*RECORD SET*
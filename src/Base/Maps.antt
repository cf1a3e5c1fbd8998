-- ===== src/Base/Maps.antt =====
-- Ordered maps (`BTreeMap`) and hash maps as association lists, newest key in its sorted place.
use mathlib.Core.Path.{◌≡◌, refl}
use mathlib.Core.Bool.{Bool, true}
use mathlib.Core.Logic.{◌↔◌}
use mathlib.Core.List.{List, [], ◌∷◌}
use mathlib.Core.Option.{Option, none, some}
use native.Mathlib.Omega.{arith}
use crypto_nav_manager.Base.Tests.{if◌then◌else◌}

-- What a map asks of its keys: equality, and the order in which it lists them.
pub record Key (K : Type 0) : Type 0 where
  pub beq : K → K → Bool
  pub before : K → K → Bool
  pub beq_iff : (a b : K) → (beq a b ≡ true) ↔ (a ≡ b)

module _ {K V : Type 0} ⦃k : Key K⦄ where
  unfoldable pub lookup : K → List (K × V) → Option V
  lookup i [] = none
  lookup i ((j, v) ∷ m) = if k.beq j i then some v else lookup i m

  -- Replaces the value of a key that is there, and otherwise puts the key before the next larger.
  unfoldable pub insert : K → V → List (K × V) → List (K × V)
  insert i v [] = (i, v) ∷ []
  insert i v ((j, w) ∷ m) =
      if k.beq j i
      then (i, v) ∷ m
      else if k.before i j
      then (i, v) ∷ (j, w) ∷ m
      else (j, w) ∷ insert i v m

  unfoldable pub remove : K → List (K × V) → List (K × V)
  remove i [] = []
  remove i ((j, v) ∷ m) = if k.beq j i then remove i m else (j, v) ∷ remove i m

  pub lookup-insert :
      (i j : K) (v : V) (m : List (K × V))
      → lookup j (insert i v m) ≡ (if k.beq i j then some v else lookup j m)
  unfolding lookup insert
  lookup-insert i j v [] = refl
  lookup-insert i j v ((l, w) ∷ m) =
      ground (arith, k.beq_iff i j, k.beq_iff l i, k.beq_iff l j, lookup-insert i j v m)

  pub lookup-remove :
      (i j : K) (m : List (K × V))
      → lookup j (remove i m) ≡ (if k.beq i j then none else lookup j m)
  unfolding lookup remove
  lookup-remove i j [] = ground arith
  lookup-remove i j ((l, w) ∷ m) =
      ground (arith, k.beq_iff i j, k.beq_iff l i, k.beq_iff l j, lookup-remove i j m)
...
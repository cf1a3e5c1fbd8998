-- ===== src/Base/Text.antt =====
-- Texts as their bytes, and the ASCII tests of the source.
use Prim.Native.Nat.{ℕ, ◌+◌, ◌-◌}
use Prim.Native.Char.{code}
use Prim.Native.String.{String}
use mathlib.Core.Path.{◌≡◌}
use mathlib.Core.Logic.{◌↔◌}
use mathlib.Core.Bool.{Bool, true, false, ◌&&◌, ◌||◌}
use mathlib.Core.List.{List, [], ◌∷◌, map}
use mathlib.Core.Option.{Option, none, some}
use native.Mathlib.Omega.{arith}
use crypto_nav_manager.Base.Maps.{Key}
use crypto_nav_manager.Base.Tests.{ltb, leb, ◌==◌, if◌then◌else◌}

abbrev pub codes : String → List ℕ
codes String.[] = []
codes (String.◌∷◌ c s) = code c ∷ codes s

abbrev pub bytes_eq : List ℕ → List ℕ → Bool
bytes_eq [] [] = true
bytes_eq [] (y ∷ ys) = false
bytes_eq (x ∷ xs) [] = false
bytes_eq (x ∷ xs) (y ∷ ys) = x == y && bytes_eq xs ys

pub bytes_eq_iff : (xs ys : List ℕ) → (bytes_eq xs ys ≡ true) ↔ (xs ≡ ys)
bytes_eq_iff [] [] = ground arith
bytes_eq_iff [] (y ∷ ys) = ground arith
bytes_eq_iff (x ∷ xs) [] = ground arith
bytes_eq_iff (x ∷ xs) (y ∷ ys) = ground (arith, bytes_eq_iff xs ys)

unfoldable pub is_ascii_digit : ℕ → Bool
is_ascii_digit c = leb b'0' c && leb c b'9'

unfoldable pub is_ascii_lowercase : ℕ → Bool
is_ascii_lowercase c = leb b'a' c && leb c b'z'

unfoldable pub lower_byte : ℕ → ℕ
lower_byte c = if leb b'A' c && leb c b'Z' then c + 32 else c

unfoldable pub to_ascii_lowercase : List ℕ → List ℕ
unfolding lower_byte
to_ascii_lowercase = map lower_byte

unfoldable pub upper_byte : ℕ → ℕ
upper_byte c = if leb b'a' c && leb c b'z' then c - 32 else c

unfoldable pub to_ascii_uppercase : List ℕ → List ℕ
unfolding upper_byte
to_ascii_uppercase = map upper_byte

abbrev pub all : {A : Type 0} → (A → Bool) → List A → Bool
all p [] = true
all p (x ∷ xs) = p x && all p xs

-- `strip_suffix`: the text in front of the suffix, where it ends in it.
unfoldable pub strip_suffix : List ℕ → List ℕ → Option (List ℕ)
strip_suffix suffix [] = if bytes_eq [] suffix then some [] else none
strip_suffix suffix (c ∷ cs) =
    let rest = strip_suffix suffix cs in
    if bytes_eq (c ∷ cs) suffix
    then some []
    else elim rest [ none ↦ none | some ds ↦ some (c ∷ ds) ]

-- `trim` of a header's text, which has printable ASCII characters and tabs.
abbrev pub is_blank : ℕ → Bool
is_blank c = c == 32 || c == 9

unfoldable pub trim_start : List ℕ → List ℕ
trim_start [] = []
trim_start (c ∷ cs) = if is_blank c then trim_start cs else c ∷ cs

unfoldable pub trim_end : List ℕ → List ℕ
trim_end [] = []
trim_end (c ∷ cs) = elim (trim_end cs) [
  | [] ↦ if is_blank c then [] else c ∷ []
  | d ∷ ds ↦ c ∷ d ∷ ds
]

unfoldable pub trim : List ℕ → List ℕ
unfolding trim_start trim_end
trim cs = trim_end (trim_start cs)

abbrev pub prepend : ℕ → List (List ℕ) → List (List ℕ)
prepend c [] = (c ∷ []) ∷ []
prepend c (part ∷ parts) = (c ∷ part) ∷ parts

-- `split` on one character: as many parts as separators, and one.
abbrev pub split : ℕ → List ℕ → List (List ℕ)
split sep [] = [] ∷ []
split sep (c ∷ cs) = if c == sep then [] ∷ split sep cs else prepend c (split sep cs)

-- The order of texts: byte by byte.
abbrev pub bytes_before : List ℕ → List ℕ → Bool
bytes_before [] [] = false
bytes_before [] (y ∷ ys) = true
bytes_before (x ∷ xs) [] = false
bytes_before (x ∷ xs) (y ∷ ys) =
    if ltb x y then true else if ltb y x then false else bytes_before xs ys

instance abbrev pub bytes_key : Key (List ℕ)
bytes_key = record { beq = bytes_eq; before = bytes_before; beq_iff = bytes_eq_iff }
...
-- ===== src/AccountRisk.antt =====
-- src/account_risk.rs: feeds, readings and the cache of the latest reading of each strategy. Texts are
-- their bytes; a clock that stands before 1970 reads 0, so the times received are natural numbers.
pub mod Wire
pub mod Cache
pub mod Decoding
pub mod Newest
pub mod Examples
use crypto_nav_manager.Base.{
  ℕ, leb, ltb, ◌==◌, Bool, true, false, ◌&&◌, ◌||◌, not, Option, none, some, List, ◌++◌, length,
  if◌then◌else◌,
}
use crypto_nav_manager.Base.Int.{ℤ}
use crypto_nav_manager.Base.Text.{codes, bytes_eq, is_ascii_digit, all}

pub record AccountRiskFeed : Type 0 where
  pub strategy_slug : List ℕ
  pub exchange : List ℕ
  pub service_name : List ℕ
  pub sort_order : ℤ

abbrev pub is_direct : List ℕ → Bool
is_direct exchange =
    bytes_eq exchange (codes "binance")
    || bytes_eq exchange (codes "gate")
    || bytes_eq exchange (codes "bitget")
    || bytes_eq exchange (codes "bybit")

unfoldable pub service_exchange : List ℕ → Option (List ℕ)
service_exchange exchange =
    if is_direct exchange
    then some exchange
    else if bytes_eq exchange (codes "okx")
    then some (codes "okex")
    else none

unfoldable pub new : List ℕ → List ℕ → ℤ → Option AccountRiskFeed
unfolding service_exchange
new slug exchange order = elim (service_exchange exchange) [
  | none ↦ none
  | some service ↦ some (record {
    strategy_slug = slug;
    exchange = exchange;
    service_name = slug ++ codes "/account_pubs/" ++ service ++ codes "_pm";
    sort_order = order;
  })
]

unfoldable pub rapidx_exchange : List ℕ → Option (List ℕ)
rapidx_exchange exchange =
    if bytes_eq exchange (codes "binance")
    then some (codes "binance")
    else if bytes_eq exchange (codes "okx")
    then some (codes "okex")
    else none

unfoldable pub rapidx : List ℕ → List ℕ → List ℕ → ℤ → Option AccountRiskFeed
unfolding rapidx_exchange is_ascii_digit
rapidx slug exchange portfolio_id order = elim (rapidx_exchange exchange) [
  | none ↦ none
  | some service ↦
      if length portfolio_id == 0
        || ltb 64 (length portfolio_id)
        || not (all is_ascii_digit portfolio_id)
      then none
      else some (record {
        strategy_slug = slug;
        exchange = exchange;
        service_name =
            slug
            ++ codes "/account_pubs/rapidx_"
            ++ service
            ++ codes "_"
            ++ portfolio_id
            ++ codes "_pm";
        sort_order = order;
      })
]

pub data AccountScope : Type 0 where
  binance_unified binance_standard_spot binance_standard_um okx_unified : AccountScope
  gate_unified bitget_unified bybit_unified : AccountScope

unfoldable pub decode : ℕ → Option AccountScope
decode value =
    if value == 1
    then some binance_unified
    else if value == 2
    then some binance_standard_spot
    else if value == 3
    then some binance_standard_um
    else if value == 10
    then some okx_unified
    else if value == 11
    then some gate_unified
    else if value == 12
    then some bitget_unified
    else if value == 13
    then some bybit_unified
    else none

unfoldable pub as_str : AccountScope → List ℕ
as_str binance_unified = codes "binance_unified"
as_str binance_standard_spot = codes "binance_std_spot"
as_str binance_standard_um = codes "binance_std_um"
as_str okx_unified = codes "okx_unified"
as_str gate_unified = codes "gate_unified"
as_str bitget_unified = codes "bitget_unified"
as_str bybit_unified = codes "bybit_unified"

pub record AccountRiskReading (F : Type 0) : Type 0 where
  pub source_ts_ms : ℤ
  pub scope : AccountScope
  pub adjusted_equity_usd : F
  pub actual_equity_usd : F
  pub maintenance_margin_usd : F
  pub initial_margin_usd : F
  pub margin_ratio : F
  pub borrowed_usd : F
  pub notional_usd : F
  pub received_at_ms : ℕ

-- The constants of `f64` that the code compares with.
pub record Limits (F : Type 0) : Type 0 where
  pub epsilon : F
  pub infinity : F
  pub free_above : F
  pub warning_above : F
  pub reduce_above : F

*EXERCISE DESCRIPTION*
Search the listing for the word "false". Copy every line in which it occurs.

*TASK RESPONSE*
use mathlib.Core.Bool.{Bool, true, false, ◌&&◌, ◌||◌}
bytes_eq [] (y ∷ ys) = false
bytes_eq (x ∷ xs) [] = false
bytes_before [] [] = false
bytes_before (x ∷ xs) [] = false
    if ltb x y then true else if ltb y x then false else bytes_before xs ys
  ℕ, leb, ltb, ◌==◌, Bool, true, false, ◌&&◌, ◌||◌, not, Option, none, some, List, ◌++◌, length,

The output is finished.